Other | 441 / 931 (47.4%) |
Accept or lean toward: two boxes | 292 / 931 (31.4%) |
Accept or lean toward: one box | 198 / 931 (21.3%) |
Specialists in decision theory (who are also more atheistic, more compatibilist about free will, and more physicalist than faculty in general) are even more convinced:
Newcomb's problem: one box or two boxes?
Accept or lean toward: two boxes | 19 / 31 (61.3%) |
Accept or lean toward: one box | 8 / 31 (25.8%) |
Other | 4 / 31 (12.9%) |
Looking at the correlates of answers about Newcomb's problem, two-boxers are more likely to believe in physicalism about consciousness, atheism about religion, and other positions generally popular around here (which are also usually, but not always, in the direction of philosophical opinion). Zooming in one correlate, most theists with an opinion are one-boxers, while atheists break for two-boxing:
Newcomb's problem:two boxes | 0.125 | |||||||||||||||||
Response pairs: 655 p-value: 0.001
|
Less Wrong breaks overwhelmingly for one-boxing in survey answers for 2012:
NEWCOMB'S PROBLEM
One-box: 726, 61.4%
Two-box: 78, 6.6%
Not sure: 53, 4.5%
Don't understand: 86, 7.3%
No answer: 240, 20.3%
When I elicited LW confidence levels in a poll, a majority indicated 99%+ confidence in one-boxing, and 77% of respondents indicated 80%+ confidence.
What's going on?
I would like to understand what is driving this difference of opinion. My poll was a (weak) test of the hypothesis that Less Wrongers were more likely to account for uncertainty about decision theory: since on the standard Newcomb's problem one-boxers get $1,000,000, while two-boxers get $1,000, even a modest credence in the correct theory recommending one-boxing could justify the action of one-boxing.
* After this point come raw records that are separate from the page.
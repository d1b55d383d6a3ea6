-- ===== src/Tests/Classes/Laws.antt =====
-- The cluster of Tests/Classes.antt as a store with optimistic concurrency.
use cloudstack_csi_driver.Prelude.{
  String, Bool, true, false, none, some, [], ◌∷◌, ◌≡◌, ◌≢◌, ◌=?◌, refl, arith, if◌then◌else◌,
  Option-cases, Bool-cases, ◌⊎◌, List, string_dec, inl, inr, false,
}
use cloudstack_csi_driver.Prelude.Maps.{Map, lookup, insert, lookup-insert, lookup-erase}
use cloudstack_csi_driver.Prelude.Prog.{ok, err}
use cloudstack_csi_driver.Syncer.Classes.{StorageClass}
use cloudstack_csi_driver.Syncer.Run.Store.{Store, IsReadable}
use cloudstack_csi_driver.Syncer.Run.Stale.{IsOptimistic}
use cloudstack_csi_driver.Syncer.Run.{DiskOffering}
use cloudstack_csi_driver.Tests.Syncer.{offering}
use cloudstack_csi_driver.Tests.Classes.{
  Shelf, shelf, class_at, version, next, selected, selects, merge, get, create, update, delete,
}
use cloudstack_csi_driver.Tests.Classes.Listing.{selected_iff}

pub offered :
    (s t : Shelf) (os : List DiskOffering)
    → shelf.list_offerings s ≡ ok os t
    → (os ≡ offering ∷ []) × (t ≡ s)
offered s t os h = (ground arith, ground arith)

pub listed :
    (labels : Map String) (s t : Shelf) (scs : List StorageClass)
    → shelf.list_classes labels s ≡ ok scs t
    → (scs ≡ selected labels s) × (t ≡ s)
listed labels s t scs h = (ground arith, ground arith)

one-set : ("1" =? "") ≡ false
unfolding string_dec
one-set = refl

two-differs : ("2" =? "1") ≡ false
unfolding string_dec
two-differs = refl

pub created :
    (sc : StorageClass) (s t : Shelf) (n : String)
    → create sc s ≡ ok tt t
    → class_at t n
      ≡ (if n =? sc.name then some (record sc { resource_version = version t n }) else class_at s n)
created sc s t n h =
    let sc' = record sc { resource_version = "1" } in
    elim (Option-cases (class_at s sc.name)) [
      | inr (old, there) ↦ absurd (ground arith)
      | inl gone ↦ elim (Bool-cases (n =? sc.name)) [
        | inl same ↦ ground (arith, lookup-insert n sc.name sc' s, one-set)
        | inr other ↦ ground (arith, lookup-insert n sc.name sc' s)
      ]
    ]

next-set : (v : String) → (next v =? "") ≡ false
unfolding string_dec
next-set v = elim (Bool-cases (v =? "1")) [ inl e ↦ rw e refl | inr e ↦ rw e refl ]

updated :
    (sc : StorageClass) (s t : Shelf)
    → update sc s ≡ ok tt t
    → (old : StorageClass) × (class_at s sc.name ≡ some old)
      × (t ≡ insert sc.name (record sc { resource_version = next old.resource_version }) s)
      × ((sc.resource_version ≡ "") ⊎ (sc.resource_version ≡ old.resource_version))
updated sc s t h = elim (Option-cases (class_at s sc.name)) [
  | inl gone ↦ absurd (ground arith)
  | inr (old, there) ↦ elim (Bool-cases (sc.resource_version =? "")) [
    | inl empty ↦ (old, there, ground arith, inl (ground arith))
    | inr set ↦ elim (Bool-cases (sc.resource_version =? old.resource_version)) [
      | inl same ↦ (old, there, ground arith, inr (ground arith))
      | inr other ↦ absurd (ground arith)
    ]
  ]
]

pub replaced :
    (sc : StorageClass) (s t : Shelf) (n : String)
    → update sc s ≡ ok tt t
    → class_at t n
      ≡ (if n =? sc.name then some (record sc { resource_version = version t n }) else class_at s n)
replaced sc s t n h =
    let (old, there, after, _) = updated sc s t h in
    let sc' = record sc { resource_version = next old.resource_version } in
    elim (Bool-cases (n =? sc.name)) [
      | inl same ↦
          ground (arith, after, lookup-insert n sc.name sc' s, next-set old.resource_version)
      | inr other ↦ ground (arith, after, lookup-insert n sc.name sc' s)
    ]

pub deleted :
    (m : String) (s t : Shelf) (n : String)
    → delete m s ≡ ok tt t
    → class_at t n ≡ (if n =? m then none else class_at s n)
deleted m s t n h = elim (Option-cases (class_at s m)) [
  | inl gone ↦ absurd (ground arith)
  | inr (old, there) ↦ ground (arith, lookup-erase n m s)
]

pub got :
    (n : String) (s t : Shelf) (sc : StorageClass)
    → get n s ≡ ok sc t
    → (class_at s n ≡ some sc) × (t ≡ s)
got n s t sc h = elim (Option-cases (class_at s n)) [
  | inl gone ↦ absurd (ground arith)
  | inr (old, there) ↦ (ground arith, ground arith)
]

pub missed :
    (n : String) (s t : Shelf) (e : Bool)
    → get n s ≡ err e t
    → e ≡ true
    → (class_at s n ≡ none) × (t ≡ s)
missed n s t e h _ = elim (Option-cases (class_at s n)) [
  | inl gone ↦ (gone, ground arith)
  | inr (old, there) ↦ absurd (ground arith)
]

pub gets : (n : String) (s : Shelf) (sc : StorageClass) → class_at s n ≡ some sc → get n s ≡ ok sc s
gets n s sc h = rw h

pub named : (n : String) (s : Shelf) (sc : StorageClass) → class_at s n ≡ some sc → sc.name ≡ n
named n s sc h = elim (Option-cases (lookup n s)) [
  | inl gone ↦ absurd (ground arith)
  | inr (old, there) ↦ ground arith
]

pub unnamed : (s : Shelf) → class_at s "" ≡ none
unnamed s = elim (Option-cases (lookup "" s)) [
  | inl gone ↦ ground arith
  | inr (old, there) ↦ ground arith
]

pub own : (labels : Map String) → selects labels labels ≡ true
unfolding lookup
own [] = refl
own ((k, v) ∷ labels) = ground arith

pub merged : (old labels : Map String) → selects labels (merge old labels) ≡ true
unfolding lookup
merged old [] = refl
merged old ((k, v) ∷ labels) = ground arith

abbrev pub shelf-Store : Store shelf
shelf-Store = record {
  classes = class_at;
  version = version;
  catalogue = offering ∷ [];
  listing = selected;
  offered = offered;
  listed = listed;
  got = got;
  missed = missed;
  created = created;
  replaced = replaced;
  deleted = deleted;
  named = named;
  unnamed = unnamed;
  listed_iff = selected_iff;
  own = own;
  merged = merged;
}

pub shelf-IsReadable : (labels : Map String) (s : Shelf) → IsReadable shelf-Store labels s
shelf-IsReadable labels s = record {
  offers = refl;
  lists = refl;
  gets = λ n sc there. gets n s sc there;
}

versioned :
    (n : String) (s : Shelf) (sc : StorageClass) → class_at s n ≡ some sc → sc.resource_version ≢ ""
versioned n s sc h e = elim (Option-cases (lookup n s)) [
  | inl gone ↦ absurd (ground arith)
  | inr (old, there) ↦ absurd (ground arith)
]

current :
    (sc old : StorageClass) (s t : Shelf)
    → class_at s sc.name ≡ some old
    → update sc s ≡ ok tt t
    → (sc.resource_version ≡ "") ⊎ (sc.resource_version ≡ old.resource_version)
current sc old s t there h =
    let (old', there', after, fresh) = updated sc s t h in
    elim fresh [ inl empty ↦ inl empty | inr same ↦ inr (ground arith) ]

next-differs : (v : String) → next v ≢ v
next-differs v h = elim (Bool-cases (v =? "1")) [
  | inl e ↦ absurd (ground (arith, two-differs))
  | inr e ↦ absurd (ground arith)
]

renewed :
    (sc old : StorageClass) (s t : Shelf)
    → class_at s sc.name ≡ some old
    → update sc s ≡ ok tt t
    → sc.allow_volume_expansion ≢ old.allow_volume_expansion
    → version t sc.name ≢ old.resource_version
renewed sc old s t there h _ same =
    let (old', there', after, fresh) = updated sc s t h in
    next-differs old.resource_version (
      ground (
        arith,
        replaced sc s t sc.name h,
        after,
        lookup-insert sc.name sc.name (record sc { resource_version = next old'.resource_version })
            s,
      ))

pub shelf-IsOptimistic : IsOptimistic shelf-Store
shelf-IsOptimistic = record { versioned = versioned; current = current; renewed = renewed }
If new graduate students read the computer science literature on program equilibrium, including some local contributions like Robust Cooperation in the Prisoner's Dilemma and A Comparison of Decision Algorithms on Newcomblike Problems, I would guess they would tend to shift more towards one-boxing. Thinking about what sort of decision algorithms it is rational to program, or what decision algorithms would prosper over numerous one-shot Prisoner's Dilemmas with visible source code, could also shift intuitions. A number of philosophers I have spoken with have indicated that frameworks like the use of causal models with nodes for logical uncertainty are meaningful contributions to thinking about decision theory. However, I doubt that for those with opinions, the balance would swing from almost 3:1 for two-boxing to 9:1 for one-boxing, even concentrating on new decision theory graduate students.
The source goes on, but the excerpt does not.